■ **EXERCISE INSTRUCTIONS**
Every line below between the line holding "whole : r.0" and the line holding "(r : Receiver) (fid : ℕ)", inclusive, should be repeated exactly, and all other lines omitted.

■ **DATA FOR REVIEW**
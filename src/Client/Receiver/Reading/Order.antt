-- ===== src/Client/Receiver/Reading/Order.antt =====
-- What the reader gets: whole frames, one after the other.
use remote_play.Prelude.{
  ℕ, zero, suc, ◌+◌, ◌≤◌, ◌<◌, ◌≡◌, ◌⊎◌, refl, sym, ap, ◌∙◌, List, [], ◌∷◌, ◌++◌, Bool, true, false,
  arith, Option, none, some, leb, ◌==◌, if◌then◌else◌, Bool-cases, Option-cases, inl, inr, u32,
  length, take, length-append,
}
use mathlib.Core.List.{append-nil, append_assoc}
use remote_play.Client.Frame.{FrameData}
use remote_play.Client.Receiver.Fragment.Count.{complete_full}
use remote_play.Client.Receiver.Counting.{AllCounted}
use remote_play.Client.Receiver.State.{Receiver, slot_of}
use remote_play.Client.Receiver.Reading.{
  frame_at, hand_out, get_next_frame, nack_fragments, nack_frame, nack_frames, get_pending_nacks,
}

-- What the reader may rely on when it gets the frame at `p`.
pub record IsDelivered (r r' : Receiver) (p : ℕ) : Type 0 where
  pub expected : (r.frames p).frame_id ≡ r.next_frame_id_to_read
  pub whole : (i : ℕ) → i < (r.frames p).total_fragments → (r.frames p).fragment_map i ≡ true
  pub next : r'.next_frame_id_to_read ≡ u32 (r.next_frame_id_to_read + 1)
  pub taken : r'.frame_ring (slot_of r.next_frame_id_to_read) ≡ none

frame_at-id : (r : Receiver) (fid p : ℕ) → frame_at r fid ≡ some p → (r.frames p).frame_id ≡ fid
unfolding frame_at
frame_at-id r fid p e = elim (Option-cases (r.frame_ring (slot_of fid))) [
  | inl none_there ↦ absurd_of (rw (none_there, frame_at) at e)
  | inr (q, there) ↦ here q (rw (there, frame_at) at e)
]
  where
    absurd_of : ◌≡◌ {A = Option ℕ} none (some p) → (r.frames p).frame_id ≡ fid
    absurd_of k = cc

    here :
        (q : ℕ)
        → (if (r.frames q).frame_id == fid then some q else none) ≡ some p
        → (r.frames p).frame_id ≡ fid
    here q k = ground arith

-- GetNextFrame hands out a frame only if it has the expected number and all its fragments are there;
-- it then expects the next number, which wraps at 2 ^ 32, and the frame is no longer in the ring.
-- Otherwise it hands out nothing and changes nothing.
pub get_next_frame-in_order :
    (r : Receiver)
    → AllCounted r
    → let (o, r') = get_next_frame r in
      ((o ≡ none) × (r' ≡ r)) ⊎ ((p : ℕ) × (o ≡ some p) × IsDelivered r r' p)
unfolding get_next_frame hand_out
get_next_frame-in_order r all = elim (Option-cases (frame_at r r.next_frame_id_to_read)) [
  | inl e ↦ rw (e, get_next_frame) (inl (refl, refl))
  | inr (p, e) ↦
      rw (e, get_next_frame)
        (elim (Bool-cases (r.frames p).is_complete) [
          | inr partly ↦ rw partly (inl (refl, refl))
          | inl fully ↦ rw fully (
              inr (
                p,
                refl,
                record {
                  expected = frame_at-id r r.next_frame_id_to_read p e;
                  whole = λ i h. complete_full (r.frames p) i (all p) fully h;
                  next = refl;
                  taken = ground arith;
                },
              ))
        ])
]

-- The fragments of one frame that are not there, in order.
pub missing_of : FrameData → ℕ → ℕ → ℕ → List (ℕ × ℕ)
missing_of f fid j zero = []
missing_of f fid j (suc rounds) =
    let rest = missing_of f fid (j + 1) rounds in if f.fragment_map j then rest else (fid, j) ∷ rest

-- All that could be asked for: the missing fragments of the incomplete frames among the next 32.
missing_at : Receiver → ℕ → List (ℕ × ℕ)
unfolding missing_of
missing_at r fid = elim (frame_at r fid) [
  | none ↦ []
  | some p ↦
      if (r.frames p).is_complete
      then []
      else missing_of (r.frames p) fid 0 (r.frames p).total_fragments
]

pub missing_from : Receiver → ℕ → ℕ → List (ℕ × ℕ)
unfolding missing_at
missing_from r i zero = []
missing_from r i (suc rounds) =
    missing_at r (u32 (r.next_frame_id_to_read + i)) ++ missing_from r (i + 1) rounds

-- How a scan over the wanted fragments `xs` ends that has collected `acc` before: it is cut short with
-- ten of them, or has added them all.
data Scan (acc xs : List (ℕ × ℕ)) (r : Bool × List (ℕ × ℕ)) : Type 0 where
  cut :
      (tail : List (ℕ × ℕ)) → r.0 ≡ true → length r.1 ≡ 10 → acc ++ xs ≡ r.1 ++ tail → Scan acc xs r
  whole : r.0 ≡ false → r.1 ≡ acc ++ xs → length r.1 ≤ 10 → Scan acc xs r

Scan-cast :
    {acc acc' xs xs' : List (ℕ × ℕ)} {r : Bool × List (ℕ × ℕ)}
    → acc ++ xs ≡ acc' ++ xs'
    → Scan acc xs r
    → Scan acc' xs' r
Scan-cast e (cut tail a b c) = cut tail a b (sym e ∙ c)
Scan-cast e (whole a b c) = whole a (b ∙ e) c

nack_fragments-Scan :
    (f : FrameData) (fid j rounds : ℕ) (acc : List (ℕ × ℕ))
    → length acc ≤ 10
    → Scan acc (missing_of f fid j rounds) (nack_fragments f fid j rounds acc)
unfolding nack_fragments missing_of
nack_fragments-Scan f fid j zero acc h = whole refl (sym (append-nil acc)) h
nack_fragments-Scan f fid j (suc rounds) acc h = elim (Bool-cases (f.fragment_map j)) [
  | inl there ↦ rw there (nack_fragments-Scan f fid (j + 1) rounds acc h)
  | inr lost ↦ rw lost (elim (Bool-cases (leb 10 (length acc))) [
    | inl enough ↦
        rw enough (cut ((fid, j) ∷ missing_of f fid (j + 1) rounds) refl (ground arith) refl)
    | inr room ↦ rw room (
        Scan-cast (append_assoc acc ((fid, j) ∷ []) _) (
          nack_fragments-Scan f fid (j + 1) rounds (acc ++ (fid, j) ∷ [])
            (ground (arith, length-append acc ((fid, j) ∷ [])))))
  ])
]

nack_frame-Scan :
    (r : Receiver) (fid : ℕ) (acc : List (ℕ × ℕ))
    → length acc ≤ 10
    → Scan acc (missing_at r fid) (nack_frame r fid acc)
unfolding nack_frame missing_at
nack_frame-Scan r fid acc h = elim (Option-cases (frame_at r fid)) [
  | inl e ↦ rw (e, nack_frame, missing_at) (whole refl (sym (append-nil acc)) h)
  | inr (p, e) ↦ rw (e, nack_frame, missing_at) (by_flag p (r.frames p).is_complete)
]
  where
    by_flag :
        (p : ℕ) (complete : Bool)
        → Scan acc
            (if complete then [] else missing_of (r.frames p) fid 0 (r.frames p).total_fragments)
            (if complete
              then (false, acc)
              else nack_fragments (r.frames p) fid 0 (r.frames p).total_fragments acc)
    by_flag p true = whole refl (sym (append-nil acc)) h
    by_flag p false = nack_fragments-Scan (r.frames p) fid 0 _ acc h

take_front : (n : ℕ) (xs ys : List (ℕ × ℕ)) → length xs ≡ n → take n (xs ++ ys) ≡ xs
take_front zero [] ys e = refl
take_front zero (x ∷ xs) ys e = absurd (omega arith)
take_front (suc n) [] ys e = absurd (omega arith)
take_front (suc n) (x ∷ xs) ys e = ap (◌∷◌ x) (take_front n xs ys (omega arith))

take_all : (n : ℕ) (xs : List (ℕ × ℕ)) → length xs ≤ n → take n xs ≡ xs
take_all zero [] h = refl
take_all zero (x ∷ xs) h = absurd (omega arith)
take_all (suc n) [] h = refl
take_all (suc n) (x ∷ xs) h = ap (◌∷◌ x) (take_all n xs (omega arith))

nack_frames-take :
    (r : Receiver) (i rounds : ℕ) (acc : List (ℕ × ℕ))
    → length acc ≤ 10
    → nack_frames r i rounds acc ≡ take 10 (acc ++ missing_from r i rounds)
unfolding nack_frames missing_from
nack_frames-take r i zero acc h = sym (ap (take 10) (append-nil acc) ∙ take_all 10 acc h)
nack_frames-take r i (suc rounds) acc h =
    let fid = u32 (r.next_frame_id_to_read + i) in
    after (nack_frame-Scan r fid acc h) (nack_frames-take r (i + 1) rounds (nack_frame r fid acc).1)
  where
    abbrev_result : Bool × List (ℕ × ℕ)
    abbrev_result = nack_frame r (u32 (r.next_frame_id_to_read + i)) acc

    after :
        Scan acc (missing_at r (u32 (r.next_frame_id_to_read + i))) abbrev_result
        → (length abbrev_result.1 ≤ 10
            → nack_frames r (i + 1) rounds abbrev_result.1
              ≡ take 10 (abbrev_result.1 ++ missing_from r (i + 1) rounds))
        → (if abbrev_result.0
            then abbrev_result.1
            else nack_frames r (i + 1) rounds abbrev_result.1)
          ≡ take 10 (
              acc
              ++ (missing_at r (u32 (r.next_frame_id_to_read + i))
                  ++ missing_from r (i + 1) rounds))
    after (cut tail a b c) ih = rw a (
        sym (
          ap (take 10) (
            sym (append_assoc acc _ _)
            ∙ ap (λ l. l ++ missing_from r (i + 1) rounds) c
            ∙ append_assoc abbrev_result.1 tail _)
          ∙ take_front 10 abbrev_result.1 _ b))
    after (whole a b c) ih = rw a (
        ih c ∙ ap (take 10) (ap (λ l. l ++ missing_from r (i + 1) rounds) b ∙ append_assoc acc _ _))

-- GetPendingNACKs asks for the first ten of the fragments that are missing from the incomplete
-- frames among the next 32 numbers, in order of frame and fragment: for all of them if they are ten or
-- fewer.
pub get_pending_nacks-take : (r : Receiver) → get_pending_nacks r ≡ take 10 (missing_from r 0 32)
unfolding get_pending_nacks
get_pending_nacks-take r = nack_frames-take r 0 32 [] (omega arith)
==
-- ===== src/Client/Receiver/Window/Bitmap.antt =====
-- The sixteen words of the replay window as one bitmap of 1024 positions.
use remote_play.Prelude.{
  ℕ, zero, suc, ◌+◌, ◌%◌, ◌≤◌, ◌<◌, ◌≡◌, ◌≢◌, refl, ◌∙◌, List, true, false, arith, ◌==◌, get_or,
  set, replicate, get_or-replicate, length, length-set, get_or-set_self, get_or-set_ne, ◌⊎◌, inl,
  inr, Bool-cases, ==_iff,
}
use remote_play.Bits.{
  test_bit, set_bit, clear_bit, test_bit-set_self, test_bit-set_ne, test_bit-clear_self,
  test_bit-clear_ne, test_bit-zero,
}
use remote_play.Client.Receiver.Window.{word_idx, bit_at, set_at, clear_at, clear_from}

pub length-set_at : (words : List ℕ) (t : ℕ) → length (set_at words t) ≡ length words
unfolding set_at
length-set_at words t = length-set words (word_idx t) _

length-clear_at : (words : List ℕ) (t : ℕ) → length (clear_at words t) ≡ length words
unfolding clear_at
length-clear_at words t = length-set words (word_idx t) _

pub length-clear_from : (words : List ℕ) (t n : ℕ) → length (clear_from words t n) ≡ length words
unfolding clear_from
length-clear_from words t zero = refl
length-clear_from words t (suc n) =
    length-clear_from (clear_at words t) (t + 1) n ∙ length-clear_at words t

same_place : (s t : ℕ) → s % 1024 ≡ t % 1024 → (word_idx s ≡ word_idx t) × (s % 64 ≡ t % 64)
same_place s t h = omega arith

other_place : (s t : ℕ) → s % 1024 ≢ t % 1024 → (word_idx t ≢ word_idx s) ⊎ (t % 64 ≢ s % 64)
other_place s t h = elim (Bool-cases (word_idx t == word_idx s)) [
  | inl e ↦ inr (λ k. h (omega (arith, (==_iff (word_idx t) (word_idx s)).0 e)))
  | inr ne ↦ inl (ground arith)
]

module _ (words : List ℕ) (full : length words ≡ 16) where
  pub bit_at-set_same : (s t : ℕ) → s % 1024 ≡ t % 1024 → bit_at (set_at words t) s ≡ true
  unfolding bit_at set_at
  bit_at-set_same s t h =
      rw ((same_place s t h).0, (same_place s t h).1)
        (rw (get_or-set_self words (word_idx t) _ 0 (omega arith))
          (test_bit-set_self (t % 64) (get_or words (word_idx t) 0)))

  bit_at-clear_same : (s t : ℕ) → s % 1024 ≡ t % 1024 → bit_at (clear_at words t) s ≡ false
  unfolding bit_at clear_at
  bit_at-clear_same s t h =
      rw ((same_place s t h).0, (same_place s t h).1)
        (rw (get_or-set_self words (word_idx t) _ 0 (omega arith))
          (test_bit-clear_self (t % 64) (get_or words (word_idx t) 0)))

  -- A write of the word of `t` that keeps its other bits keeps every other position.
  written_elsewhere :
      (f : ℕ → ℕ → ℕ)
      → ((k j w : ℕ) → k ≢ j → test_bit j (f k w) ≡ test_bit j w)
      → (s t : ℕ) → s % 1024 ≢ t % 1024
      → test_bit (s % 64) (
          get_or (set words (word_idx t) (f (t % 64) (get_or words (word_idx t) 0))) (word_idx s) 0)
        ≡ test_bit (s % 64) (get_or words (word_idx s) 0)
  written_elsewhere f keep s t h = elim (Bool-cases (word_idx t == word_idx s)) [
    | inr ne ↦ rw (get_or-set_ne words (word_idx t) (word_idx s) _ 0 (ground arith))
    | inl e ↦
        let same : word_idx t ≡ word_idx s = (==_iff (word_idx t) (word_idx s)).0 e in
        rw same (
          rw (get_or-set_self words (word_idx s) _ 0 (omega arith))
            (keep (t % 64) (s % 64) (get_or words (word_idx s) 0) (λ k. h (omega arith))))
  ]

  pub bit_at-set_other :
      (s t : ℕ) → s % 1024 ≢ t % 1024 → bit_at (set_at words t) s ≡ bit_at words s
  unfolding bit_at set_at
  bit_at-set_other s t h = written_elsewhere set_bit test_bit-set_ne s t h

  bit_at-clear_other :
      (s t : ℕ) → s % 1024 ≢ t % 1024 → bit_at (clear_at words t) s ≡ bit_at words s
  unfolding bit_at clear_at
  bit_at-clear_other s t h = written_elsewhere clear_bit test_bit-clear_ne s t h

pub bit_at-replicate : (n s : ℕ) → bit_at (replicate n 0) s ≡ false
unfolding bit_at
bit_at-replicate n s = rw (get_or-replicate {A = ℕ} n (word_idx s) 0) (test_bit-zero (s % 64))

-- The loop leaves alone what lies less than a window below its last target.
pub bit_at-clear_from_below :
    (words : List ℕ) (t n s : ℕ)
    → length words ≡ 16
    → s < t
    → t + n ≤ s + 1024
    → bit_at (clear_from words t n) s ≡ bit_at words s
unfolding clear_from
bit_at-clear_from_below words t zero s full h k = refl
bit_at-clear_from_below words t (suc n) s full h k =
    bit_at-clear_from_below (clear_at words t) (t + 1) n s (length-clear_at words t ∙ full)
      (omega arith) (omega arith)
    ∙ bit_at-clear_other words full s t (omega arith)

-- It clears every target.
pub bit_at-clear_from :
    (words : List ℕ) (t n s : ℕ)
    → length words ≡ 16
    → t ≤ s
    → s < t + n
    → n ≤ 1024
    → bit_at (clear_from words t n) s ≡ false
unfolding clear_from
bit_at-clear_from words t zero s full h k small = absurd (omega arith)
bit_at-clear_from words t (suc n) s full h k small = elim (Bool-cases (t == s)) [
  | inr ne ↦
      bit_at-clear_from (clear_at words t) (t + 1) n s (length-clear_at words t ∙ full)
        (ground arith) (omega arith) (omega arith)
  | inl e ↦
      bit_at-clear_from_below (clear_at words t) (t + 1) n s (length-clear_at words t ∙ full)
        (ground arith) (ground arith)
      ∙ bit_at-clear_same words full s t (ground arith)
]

■ **OUTPUT OF THE TASK**
  whole : r.0 ≡ false → r.1 ≡ acc ++ xs → length r.1 ≤ 10 → Scan acc xs r

Scan-cast :
    {acc acc' xs xs' : List (ℕ × ℕ)} {r : Bool × List (ℕ × ℕ)}
    → acc ++ xs ≡ acc' ++ xs'
    → Scan acc xs r
    → Scan acc' xs' r
Scan-cast e (cut tail a b c) = cut tail a b (sym e ∙ c)
Scan-cast e (whole a b c) = whole a (b ∙ e) c

nack_fragments-Scan :
    (f : FrameData) (fid j rounds : ℕ) (acc : List (ℕ × ℕ))
    → length acc ≤ 10
    → Scan acc (missing_of f fid j rounds) (nack_fragments f fid j rounds acc)
unfolding nack_fragments missing_of
nack_fragments-Scan f fid j zero acc h = whole refl (sym (append-nil acc)) h
nack_fragments-Scan f fid j (suc rounds) acc h = elim (Bool-cases (f.fragment_map j)) [
  | inl there ↦ rw there (nack_fragments-Scan f fid (j + 1) rounds acc h)
  | inr lost ↦ rw lost (elim (Bool-cases (leb 10 (length acc))) [
    | inl enough ↦
        rw enough (cut ((fid, j) ∷ missing_of f fid (j + 1) rounds) refl (ground arith) refl)
    | inr room ↦ rw room (
        Scan-cast (append_assoc acc ((fid, j) ∷ []) _) (
          nack_fragments-Scan f fid (j + 1) rounds (acc ++ (fid, j) ∷ [])
            (ground (arith, length-append acc ((fid, j) ∷ [])))))
  ])
]

nack_frame-Scan :
    (r : Receiver) (fid : ℕ) (acc : List (ℕ × ℕ))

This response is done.